On Thursday, 9 October, our Board held another one of their Zoom-only board meetings (“mute button” and all) to discuss inputs and change to the proposed documents (Restrictive Covenants, Articles of Incorporation, and Bylaws). Although the meeting covered some topics beyond the proposed changes, in this blog entry, we’ll focus on the changes themselves.
The Board assumed that all changes were folded into my written input that they have shared with the membership as a whole. Unfortunately, this is not the case, and other members have also shared many items.
For the most part, the suggested changes were dismissed, but the following changes were proposed, and you should expect new wording from the Board in the near future. Furthermore, the Board made it clear that they intend to still vote on the revised documents at the meeting in about 2 weeks. In my opinion, this is incredibly hasty, but they intend to go forward anyway.
Although the documents were edited in several places, the actual changes to content are few because there are several repeated sections and references within and between the documents. Here are the changes that they decided to make.
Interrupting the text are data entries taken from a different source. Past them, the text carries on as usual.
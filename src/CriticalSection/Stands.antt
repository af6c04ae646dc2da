-- ===== src/CriticalSection/Stands.antt =====
-- Where the threads stand, one after the other, and what the list of them counts.
use io_base.Base.{
  ℕ, suc, ◌+◌, ◌<◌, ◌≤◌, ◌≡◌, subst, false, Option, List, [], ◌∷◌, ◌++◌, length, arith,
}
use io_base.CriticalSection.Defs.{Stage, owned_by}
use io_base.CriticalSection.Invariant.{passes, is_inside, Stands}
use Stage.{outside, spinning, queueing, waiting, entering, inside, releasing, signaling}

unfoldable pub total : (Stage → ℕ) → List Stage → ℕ
total f [] = 0
total f (stage ∷ stages) = f stage + total f stages

pub total-append :
    (f : Stage → ℕ) (before : List Stage) (stage : Stage) (after : List Stage)
    → total f (before ++ stage ∷ after) ≡ f stage + (total f before + total f after)
unfolding total
total-append f [] stage after = omega arith
total-append f (x ∷ before) stage after = omega (arith, total-append f before stage after)

-- Every thread, the first being thread `n`, stands where the owner allows it.
unfoldable pub AllStand : Option ℕ → (recursion n : ℕ) → List Stage → Type 0
AllStand owner recursion n [] = Unit
AllStand owner recursion n (stage ∷ stages) =
    Stands owner recursion n stage × AllStand owner recursion (suc n) stages

pub AllStand-append :
    (owner : Option ℕ) (recursion n : ℕ) (before : List Stage) (stage : Stage) (after : List Stage)
    → AllStand owner recursion n before
    → Stands owner recursion (n + length before) stage
    → AllStand owner recursion (suc (n + length before)) after
    → AllStand owner recursion n (before ++ stage ∷ after)
unfolding AllStand
AllStand-append owner recursion n [] stage after b x a = (
  subst (λ m. Stands owner recursion m stage) (omega arith) x,
  subst (λ m. AllStand owner recursion m after) (omega arith) a,
)
AllStand-append owner recursion n (y ∷ before) stage after b x a = (
  b.0,
  AllStand-append owner recursion (suc n) before stage after b.1
      (subst (λ m. Stands owner recursion m stage) (omega arith) x)
      (subst (λ m. AllStand owner recursion m after) (omega arith) a),
)

pub AllStand-split :
    (owner : Option ℕ) (recursion n : ℕ) (before : List Stage) (stage : Stage) (after : List Stage)
    → AllStand owner recursion n (before ++ stage ∷ after)
    → AllStand owner recursion n before
      × Stands owner recursion (n + length before) stage
      × AllStand owner recursion (suc (n + length before)) after
unfolding AllStand
AllStand-split owner recursion n [] stage after a = (
  tt,
  subst (λ m. Stands owner recursion m stage) (omega arith) a.0,
  subst (λ m. AllStand owner recursion m after) (omega arith) a.1,
)
AllStand-split owner recursion n (y ∷ before) stage after a =
    let (b, x, c) = AllStand-split owner recursion (suc n) before stage after a.1 in
    (
      (a.0, b),
      subst (λ m. Stands owner recursion m stage) (omega arith) x,
      subst (λ m. AllStand owner recursion m after) (omega arith) c,
    )

-- Threads without the lock stand anywhere that an owner who is none of them allows.
Stands-free :
    (owner : Option ℕ) (recursion n : ℕ) (stage : Stage)
    → passes stage + is_inside stage ≡ 0
    → owned_by owner n ≡ false
    → Stands owner recursion n stage
Stands-free owner recursion n outside none_has others = others
Stands-free owner recursion n (spinning m) none_has others = others
Stands-free owner recursion n queueing none_has others = others
Stands-free owner recursion n waiting none_has others = others
Stands-free owner recursion n entering none_has others = tt
Stands-free owner recursion n inside none_has others = absurd (omega (arith, none_has))
Stands-free owner recursion n releasing none_has others = absurd (omega (arith, none_has))
Stands-free owner recursion n signaling none_has others = others

pub AllStand-free :
    (owner : Option ℕ) (recursion n : ℕ) (stages : List Stage)
    → total passes stages + total is_inside stages ≡ 0
    → ((m : ℕ) → n ≤ m → m < n + length stages → owned_by owner m ≡ false)
    → AllStand owner recursion n stages
unfolding AllStand total
AllStand-free owner recursion n [] none_has others = tt
AllStand-free owner recursion n (stage ∷ stages) none_has others = (
  Stands-free owner recursion n stage (omega (arith, none_has))
      (others n (omega arith) (omega arith)),
  AllStand-free owner recursion (suc n) stages (omega (arith, none_has))
      (λ m low high. others m (omega (arith, low)) (omega (arith, high))),
)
They will possibly make others in the revision that they promised to release:
1. The board struck the entire “indemnification” section that we have talked about many times (very confusing, convoluted, and clearly absolving the Board of all legal responsibility, no matter what).
2. The Board added language to clarify that an affirmative vote of 66 lots would be required to dissolve (similar to our existing documents, but ignored by the Board in the May attempt to dissolve).
3. The Board agreed to require member votes to transact real property, adding paid staff, and to issue contracts, but only for contracts of greater than $50,000 value (thus this will likely never be voted on). In all of these cases, the affirmated 51 vote requirement is added (please see the blog here to see why these votes will be difficult). The difficulty of the votes will likely not matter, however, as it is very unlikely that any such votes will be taken (more on that later).
4. Some caveat words were added for a contract between SAEPOA and Sandia Airpark, Inc., regarding the restoration of payments for runway access.
5. Language was added to allow for special assessments.
6. The Board added language in the Restrictive Covenants to require hangars on all new construction projects. There was as a new addition, and so final language is probably still in draft.
In my opinion, although the documents were modified, they still are too risky, and they take away too many of your rights. Most notably, provisions were not added for quarterly meetings, and the Board signaled no interest in ever resuming in-person meetings for all but those most essential (such as annual meetings or their prior attempt at dissolution).